Seishiro aveva proseguito fino al salotto, dove un monumentale albero, il cui puntale sfiorava il soffitto, sembrava occupare mezza stanza, con la distesa di regali posata sotto le sue fronde; era carico di decorazioni, tanto che il verde quasi non si vedeva, e dava un’immagine allo stesso tempo calda e pacchiana: così terribilmente da Hokuto-chan e così poco da Subaru-kun, si disse.
Si inginocchiò davanti all’albero per consegnare cerimoniosamente al ragazzo i suoi regali, e quello arrossì fino alle orecchie come da copione.
Pur abituato a tanta prevedibilità, Seishiro si disse che tutto quello iniziava ad essere un po’ noioso.
 

~ * ~ 

L'albero illuminato
Seishiro rincasò che era già notte e nevicava: accese la luce e passò filato nel salotto verso la cucina, dove si dedicò alla cena.
Concluse la sua Vigilia di Natale in salotto, con una tazza del suo tè preferito, un gusto leggero e quasi stucchevole che riempiva la bocca, la luce accesa che illuminava il salotto della casa che era stata di sua madre; era stato via da Tokyo per qualche anno e, adesso che vi aveva fatto ritorno, aveva pensato di ritornare lì perché… Beh, non c’era un perché, l’aveva fatto e basta.
E adesso era lì, quasi come se gli anni non fossero passati, e l’albero di Natale era dove l’aveva deposto Setsuka il primo anno, ma senza decorazioni, perché non aveva avuto voglia di cercarle; aveva avvolto solo i vecchi fili di lucine attorno alle fronde, ma si era dimenticato di inserire la spina. Posò la tazza e lo fece: aveva un aspetto orrendamente misero.
Stava per spegnerlo di nuovo, quando cambiò idea e, invece, fece scattare l’interruttore.
Si voltò a guardare le luci, piccole come lucciole, che si accendevano e spegnevano lentamente sulle fronde scure.
 

~ * ~ 

L'albero impolverato (epilogo)

Era entrato nella casa silenziosa, guardandosi attorno timidamente, più come un ospite curioso, che come un novello proprietario; era sua quella dimora, ormai, suo ogni soprammobile, suo ogni sasso del giardino, suo persino il barbaglio lucido delle assi del pavimento.

Tutto, tranne ciò che avrebbe davvero voluto.

Aveva toccato gli oggetti con cura, come se avesse potuto ancora avvertirvi il calore residuo di un'altra mano, aveva cercato negli odori della casa quelli che erano appartenuti a chi era vissuto lì prima di lui, ma non ce n’era più traccia.

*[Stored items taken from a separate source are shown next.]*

-- ===== src/Sim/Sound.antt =====
-- The address table of the simulator, through the commands of a request.
use feed_core.Prelude.{
  ℕ, ◌%◌, ◌^◌, ◌≡◌, refl, sym, ap, ◌∙◌, subst, Bool, true, false, [], ◌∷◌, none, some, length,
  length-set, get_or, Bytes, Bool-cases, Option-cases, inl, inr, drop, ltb, take,
}
use feed_core.Prelude.Maps.{lookup, insert, bytes_key, nat_key, AllValues-map}
use feed_core.Prelude.Words.{sub32}
use feed_core.Prelude.Bits.{land}
use feed_core.Sim.{
  SimReg, Simulator, is_read, unknown, read_or_write, at_register, at_name, command, commands,
  respond, reg_write, pkt_size_limit,
}
use feed_core.Sim.Table.{IsTabled, Located, put-Located}

-- The register after a write.
abbrev pub written : SimReg → ℕ → ℕ → SimReg
written reg addr v = reg_write reg (sub32 addr reg.base) (land 32 v reg.mask)

command_missing :
    (cmd v : ℕ) (s : Simulator)
    → lookup (cmd % 2 ^ 24) s.reg_by_addr ≡ none
    → (command cmd v s).simulator ≡ s
unfolding command at_name unknown
command_missing cmd v s h = ap (λ o. (at_name cmd v s o).simulator) h

command_dangling :
    (cmd v : ℕ) (s : Simulator) (name : Bytes)
    → lookup (cmd % 2 ^ 24) s.reg_by_addr ≡ some name
    → lookup name s.reg_by_name ≡ none
    → (command cmd v s).simulator ≡ s
unfolding command at_name at_register unknown
command_dangling cmd v s name h k =
    ap (λ o. (at_name cmd v s o).simulator) h ∙ ap (λ o. (at_register cmd v s name o).simulator) k

module _ (cmd v : ℕ) (s : Simulator) (name : Bytes) (reg : SimReg)
    (mapped : lookup (cmd % 2 ^ 24) s.reg_by_addr ≡ some name)
    (there : lookup name s.reg_by_name ≡ some reg) where
  command_found : (b : Bool) → is_read cmd ≡ b → command cmd v s ≡ read_or_write cmd v s b name reg
  unfolding command at_name at_register
  command_found b h =
      ap (at_name cmd v s) mapped
      ∙ (ap (at_register cmd v s name) there ∙ ap (λ t. read_or_write cmd v s t name reg) h)

  pub command_read :
      is_read cmd ≡ true
      → ((command cmd v s).simulator ≡ s)
        × ((command cmd v s).data_word ≡ get_or reg.storage (sub32 (cmd % 2 ^ 24) reg.base) 0)
  unfolding read_or_write
  command_read h =
      (ap (λ a. a.simulator) (command_found true h), ap (λ a. a.data_word) (command_found true h))

  pub command_write :
      is_read cmd ≡ false
      → (command cmd v s).simulator
        ≡ (record s { reg_by_name = insert name (written reg (cmd % 2 ^ 24) v) s.reg_by_name })
  unfolding read_or_write
  command_write h = ap (λ a. a.simulator) (command_found false h)

  put-IsTabled :
      (new : SimReg)
      → new.name ≡ reg.name
      → new.base ≡ reg.base
      → length new.storage ≡ length reg.storage
      → IsTabled s
      → IsTabled (record s { reg_by_name = insert name new s.reg_by_name })
  put-IsTabled new en eb el t = record {
    tabled =
        AllValues-map _ (Located (insert name new s.reg_by_name)) s.reg_by_addr
          (λ a other. put-Located s.reg_by_name name reg new a other there en eb el) t.tabled;
  }

  written-IsTabled :
      IsTabled s
      → IsTabled
          (record s { reg_by_name = insert name (written reg (cmd % 2 ^ 24) v) s.reg_by_name })
  written-IsTabled t =
      put-IsTabled (written reg (cmd % 2 ^ 24) v) (unfold reg_write in refl)
        (unfold reg_write in refl) (unfold reg_write in length-set reg.storage _ _) t

  command_found-IsTabled : IsTabled s → IsTabled (command cmd v s).simulator
  command_found-IsTabled t = elim (Bool-cases (is_read cmd)) [
    | inl e ↦ subst IsTabled (sym (command_read e).0) t
    | inr e ↦ subst IsTabled (sym (command_write e)) (written-IsTabled t)
  ]

pub command-IsTabled :
    (cmd v : ℕ) (s : Simulator) → IsTabled s → IsTabled (command cmd v s).simulator
command-IsTabled cmd v s t = elim (Option-cases (lookup (cmd % 2 ^ 24) s.reg_by_addr)) [
  | inl e ↦ subst IsTabled (sym (command_missing cmd v s e)) t
  | inr (name, e) ↦ elim (Option-cases (lookup name s.reg_by_name)) [
    | inl f ↦ subst IsTabled (sym (command_dangling cmd v s name e f)) t
    | inr (reg, f) ↦ command_found-IsTabled cmd v s name reg e f t
  ]
]

commands-IsTabled : (b : Bytes) (s : Simulator) → IsTabled s → IsTabled (commands b s).after
unfolding commands
commands-IsTabled (a ∷ b ∷ c ∷ d ∷ e ∷ f ∷ g ∷ h ∷ rest) s t =
    commands-IsTabled rest _ (command-IsTabled _ _ s t)
commands-IsTabled [] s t = t
commands-IsTabled (a ∷ []) s t = t
commands-IsTabled (a ∷ b ∷ []) s t = t
commands-IsTabled (a ∷ b ∷ c ∷ []) s t = t
commands-IsTabled (a ∷ b ∷ c ∷ d ∷ []) s t = t
commands-IsTabled (a ∷ b ∷ c ∷ d ∷ e ∷ []) s t = t
commands-IsTabled (a ∷ b ∷ c ∷ d ∷ e ∷ f ∷ []) s t = t
commands-IsTabled (a ∷ b ∷ c ∷ d ∷ e ∷ f ∷ g ∷ []) s t = t

pub respond-IsTabled : (b : Bytes) (s : Simulator) → IsTabled s → IsTabled (respond b s).1
unfolding respond
respond-IsTabled b s t = elim (Bool-cases (ltb (length (take pkt_size_limit b)) 32)) [
  | inl e ↦ rw e t
  | inr e ↦ rw e (commands-IsTabled (drop 8 (take pkt_size_limit b)) s t)
]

Anche quella sera, dopo tanto tempo, si ritrovò a sbirciare in ogni stanza, ascoltando vagamente il turbinio della neve che sbatteva contro i vetri delle finestre, e si ricordò, di colpo, che era la Vigilia di Natale; forse era quello, che cercava, si disse frugando tra le scatole ordinate dello sgabuzzino. Una traccia in più della vita privata di Seishiro, un ennesimo dettaglio che gli era sfuggito.

Cercò e trovò, in una scatola, delle incantevoli decorazioni di cristallo, in un’altra delle luci e, nella terza, un abete; trascinò tutto nel salotto e, dopo quasi dieci anni, si ritrovò a decorare un albero di Natale.

Quando l’ultima decorazione fu appesa e le luci presero ad accendersi e spegnersi lentamente si sedette davanti all’albero, sicuro che fosse lì che era sempre stato posato, e chiuse gli occhi, cercando di immaginare Seishiro-san lì, in quel salotto bianco, davanti a quell’albero, con la neve che turbinava fuori dagli shoji, una sigaretta tra le mani, il fumo che saliva lento nell’aria in una colonna sottile, lo sguardo perso in qualche riflessione irraggiungibile, e gli parve, per un secondo, sentendo le palpebre che bruciavano per lo sforzo di serrarle, di vederlo davvero, come fossero insieme in quella stanza.

Ma poi riaprì gli occhi, e si ritrovò solo, con le luci dell’albero che si accendevano e spegnevano silenziose sul cristallo lucido posato sulle fronde.